§ **Work required**:
Please copy exactly the lines that run from the start of the entries to the line containing "unfoldable pub use Rows.*", inclusive.

***** Exercise material *****

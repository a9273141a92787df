-- ===== src/Finding.antt =====
-- `FindingService` of backend/app/services/finding_service.py over the rows of
-- backend/app/models/finding.py: the life of a non-conformity. The current time, the ids of new
-- rows and the row a caller has loaded are arguments.
mod Rows
mod Service
pub mod Lifecycle
pub mod Generation
mod Tests
unfoldable pub use Rows.*
unfoldable pub use Service.*
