-- ===== src/Finding/Generation.antt =====
-- The generation of findings: one for each reported result, and none twice.
use native.Mathlib.Nat.{add-zero, zero-add}
use assistant_audit.Prelude.{
  ℕ, ◌+◌, ◌≤◌, ◌≡◌, refl, String, Bool, true, false, Option, some, List, [], ◌∷◌, ◌++◌, first,
  select, All, length, length-append, select-append, append_assoc, append-nil, ◌==◌, nat_eq, arith,
  if◌then◌else◌, Bool-cases, inl, inr, ◌∙◌, ap, ==-self, All-zip, All-map, All-select,
}
use assistant_audit.Errors.{ok, Returns}
use assistant_audit.Compliance.{ControlResult}
use assistant_audit.Campaign.{Assessment}
use assistant_audit.Finding.Rows.{Finding, FindingDb}
use assistant_audit.Finding.Service.{
  is_reported, is_finding_of, new_finding, Generated, generate_one, generate_loop,
  generate_from_assessment,
}

-- How many findings a result has.
abbrev pub findings_of : ℕ → ControlResult → List Finding → ℕ
findings_of aid r fs = length (select (is_finding_of r aid) fs)

-- The results of a table have different ids.
abbrev pub HaveDistinctIds : List ControlResult → Type 0
HaveDistinctIds [] = Unit
HaveDistinctIds (r ∷ rs) = All (λ x. (r.id == x.id) ≡ false) rs × HaveDistinctIds rs

abbrev is_new : ℕ → List Finding → ControlResult → Bool
is_new aid stored r = findings_of aid r stored == 0

module _ (numbered : ℕ → String) (stored : List Finding) (aid : ℕ) (user : Option ℕ)
    (a : Assessment) where
  -- The findings that the loop adds.
  abbrev added : ℕ → List ControlResult → List Finding
  added k [] = []
  added k (r ∷ rs) =
      if is_new aid stored r
      then new_finding numbered k aid user a r ∷ added (k + 1) rs
      else added k rs

  abbrev after : Generated → List ControlResult → Generated
  after g [] = g
  after g (r ∷ rs) =
      if is_new aid stored r
      then after
          (record {
            findings = g.findings ++ new_finding numbered g.next_id aid user a r ∷ [];
            next_id = g.next_id + 1;
            generated = g.generated + 1;
            skipped = g.skipped;
          })
          rs
      else after (record g { skipped = g.skipped + 1 }) rs

  module _ (assessments : List Assessment)
      (row : first (λ x. x.id == aid) assessments ≡ some a) where
    one_round :
        (r : ControlResult) (g : Generated)
        → r.assessment_id ≡ aid
        → (fs : List Finding) → select (is_finding_of r aid) stored ≡ fs
        → length fs ≤ 1
        → generate_one numbered stored assessments aid user r g
          ≡ ok (
              if length fs == 0
              then record {
                findings = g.findings ++ new_finding numbered g.next_id aid user a r ∷ [];
                next_id = g.next_id + 1;
                generated = g.generated + 1;
                skipped = g.skipped;
              }
              else record g { skipped = g.skipped + 1 })
    unfolding generate_one
    one_round r g mine [] e few = rw (e, mine, row)
    one_round r g mine (x ∷ []) e few = rw e
    one_round r g mine (x ∷ y ∷ fs) e few = absurd (omega arith)

    loop_lem :
        (rs : List ControlResult) (g : Generated)
        → All (λ r. (r.assessment_id ≡ aid) × (findings_of aid r stored ≤ 1)) rs
        → generate_loop numbered stored assessments aid user rs g ≡ ok (after g rs)
    unfolding generate_loop
    loop_lem [] g h = refl
    loop_lem (r ∷ rs) g h =
        rw (one_round r g h.0.0 (select (is_finding_of r aid) stored) refl h.0.1)
          (elim (Bool-cases (is_new aid stored r)) [
            | inl t ↦ rw t (loop_lem rs _ h.1)
            | inr n ↦ rw n (loop_lem rs _ h.1)
          ])

  findings-after :
      (g : Generated) (rs : List ControlResult)
      → (after g rs).findings ≡ g.findings ++ added g.next_id rs
  findings-after g [] = rw append-nil
  findings-after g (r ∷ rs) = elim (Bool-cases (is_new aid stored r)) [
    | inl t ↦
        rw (t, findings-after _ rs)
          (append_assoc g.findings (new_finding numbered g.next_id aid user a r ∷ [])
            (added (g.next_id + 1) rs))
    | inr n ↦ rw n (findings-after (record g { skipped = g.skipped + 1 }) rs)
  ]

  counted-after :
      (g : Generated) (rs : List ControlResult)
      → (after g rs).generated + (after g rs).skipped ≡ g.generated + g.skipped + length rs
  counted-after g [] = omega arith
  counted-after g (r ∷ rs) = elim (Bool-cases (is_new aid stored r)) [
    | inl t ↦ rw t (
        omega (
          arith,
          counted-after
              (record {
                findings = g.findings ++ new_finding numbered g.next_id aid user a r ∷ [];
                next_id = g.next_id + 1;
                generated = g.generated + 1;
                skipped = g.skipped;
              })
              rs,
        ))
    | inr n ↦ rw n (omega (arith, counted-after (record g { skipped = g.skipped + 1 }) rs))
  ]

  -- A finding of `x` counts for the result `r` exactly if the ids agree.
  findings_of-new :
      (k : ℕ) (x r : ControlResult) (fs : List Finding)
      → findings_of aid r (new_finding numbered k aid user a x ∷ fs)
        ≡ (if x.id == r.id then 1 + findings_of aid r fs else findings_of aid r fs)
  unfolding new_finding
  findings_of-new k x r fs = elim (Bool-cases (x.id == r.id)) [
    | inl t ↦ rw (t, ==-self aid) (omega arith)
    | inr n ↦ rw n
  ]

  added-other :
      (k : ℕ) (r : ControlResult) (rs : List ControlResult)
      → All (λ x. (r.id == x.id) ≡ false) rs
      → findings_of aid r (added k rs) ≡ 0
  added-other k r [] h = refl
  added-other k r (x ∷ rs) h = elim (Bool-cases (is_new aid stored x)) [
    | inl t ↦ rw (t, findings_of-new, flip r.id x.id h.0) (added-other (k + 1) r rs h.1)
    | inr n ↦ rw n (added-other k r rs h.1)
  ]
    where
      flip : (m n : ℕ) → (m == n) ≡ false → (n == m) ≡ false
      flip m n h = ground arith

  added-each :
      (k : ℕ) (rs : List ControlResult)
      → HaveDistinctIds rs
      → All (λ r. findings_of aid r (added k rs) ≡ (if is_new aid stored r then 1 else 0)) rs
  added-each k [] h = tt
  added-each k (x ∷ rs) h = elim (Bool-cases (is_new aid stored x)) [
    | inl t ↦ rw t (
      rw (findings_of-new, ==-self x.id) (omega (arith, added-other (k + 1) x rs h.0)),
      All-zip (λ r. (x.id == r.id) ≡ false)
          (λ r. findings_of aid r (added (k + 1) rs) ≡ (if is_new aid stored r then 1 else 0)) _ rs
          (λ r ne e. rw (t, findings_of-new, ne) e) h.0 (added-each (k + 1) rs h.1),
    )
    | inr n ↦ rw n (
      added-other k x rs h.0,
      All-map (λ r. findings_of aid r (added k rs) ≡ (if is_new aid stored r then 1 else 0)) _ rs
          (λ r e. rw n e) (added-each k rs h.1),
    )
  ]

  each_once :
      (k : ℕ) (rs : List ControlResult)
      → HaveDistinctIds rs
      → All (λ r. findings_of aid r stored ≤ 1) rs
      → All (λ r. findings_of aid r (stored ++ added k rs) ≡ 1) rs
  each_once k rs distinct few =
      All-zip (λ r. findings_of aid r stored ≤ 1)
        (λ r. findings_of aid r (added k rs) ≡ (if is_new aid stored r then 1 else 0)) _ rs
        (λ r le e. once r le e) few (added-each k rs distinct)
    where
      once :
          (r : ControlResult)
          → findings_of aid r stored ≤ 1
          → findings_of aid r (added k rs) ≡ (if is_new aid stored r then 1 else 0)
          → findings_of aid r (stored ++ added k rs) ≡ 1
      once r le e = rw (select-append, length-append) (ground arith)

-- Where each result has its finding already, the loop only skips.
All-skipped :
    (numbered : ℕ → String) (stored : List Finding) (aid : ℕ) (user : Option ℕ) (a : Assessment)
    (g : Generated) (rs : List ControlResult)
    → All (λ r. findings_of aid r stored ≡ 1) rs
    → after numbered stored aid user a g rs ≡ record g { skipped = g.skipped + length rs }
All-skipped numbered stored aid user a g [] h = rw add-zero
All-skipped numbered stored aid user a g (r ∷ rs) h = rw h.0 (
    All-skipped numbered stored aid user a (record g { skipped = g.skipped + 1 }) rs h.1
    ∙ ap (λ (n : ℕ). record g { skipped = n }) (omega arith))

reported-mine : (aid : ℕ) (r : ControlResult) → is_reported aid r ≡ true → r.assessment_id ≡ aid
reported-mine aid r h = ground arith

-- Each result reported by an assessment has at most one finding beforehand, and the results have
-- different ids. Then a generation returns; every reported result is either given a finding or
-- skipped, and has exactly one finding afterwards; and a second generation changes nothing and
-- skips them all.
pub generate-idempotent :
    (numbered : ℕ → String) (db : FindingDb) (next_id aid : ℕ) (user : Option ℕ) {a : Assessment}
    → first (λ x. x.id == aid) db.assessments ≡ some a
    → HaveDistinctIds (select (is_reported aid) db.results)
    → All (λ r. findings_of aid r db.findings ≤ 1) (select (is_reported aid) db.results)
    → Returns
        (λ p.
          (p.1 + p.2 ≡ length (select (is_reported aid) db.results))
          × All (λ r. findings_of aid r p.0.findings ≡ 1) (select (is_reported aid) db.results)
          × ((later : ℕ) (other : Option ℕ)
              → generate_from_assessment numbered p.0 later aid other
                ≡ ok (p.0, 0, length (select (is_reported aid) db.results))))
        (generate_from_assessment numbered db next_id aid user)
unfolding generate_from_assessment
generate-idempotent numbered db next_id aid user {a} row distinct few =
    let rs = select (is_reported aid) db.results in
    let start : Generated = record {
      findings = db.findings;
      next_id = next_id;
      generated = 0;
      skipped = 0;
    } in
    let mine =
      All-select (λ r. r.assessment_id ≡ aid) (is_reported aid) db.results
        (λ r e. reported-mine aid r e) in
    let each = each_once numbered db.findings aid user a next_id rs distinct few in
    rw
      (loop_lem numbered db.findings aid user a db.assessments row rs start
        (All-zip (λ r. r.assessment_id ≡ aid) _ _ rs (λ r m le. (m, le)) mine few))
      (
        omega (arith, counted-after numbered db.findings aid user a start rs),
        rw (findings-after numbered db.findings aid user a start rs) each,
        (λ later other.
            let fs = (after numbered db.findings aid user a start rs).findings in
            let full : All (λ r. findings_of aid r fs ≡ 1) rs =
              rw (findings-after numbered db.findings aid user a start rs) each in
            let again : Generated = record {
              findings = fs;
              next_id = later;
              generated = 0;
              skipped = 0;
            } in
            rw (
              loop_lem numbered fs aid other a db.assessments row rs again (
                  All-zip (λ r. r.assessment_id ≡ aid) (λ r. findings_of aid r fs ≡ 1) _ rs
                    (λ r m e. (m, omega arith)) mine full),
              All-skipped numbered fs aid other a again rs full,
              zero-add,
            )),
      )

*****

§ **Solved problem**:
repository a9273141a92787df
-- ===== src/Finding.antt =====
-- `FindingService` of backend/app/services/finding_service.py over the rows of
-- backend/app/models/finding.py: the life of a non-conformity. The current time, the ids of new
-- rows and the row a caller has loaded are arguments.
mod Rows
mod Service
pub mod Lifecycle
pub mod Generation
mod Tests
unfoldable pub use Rows.*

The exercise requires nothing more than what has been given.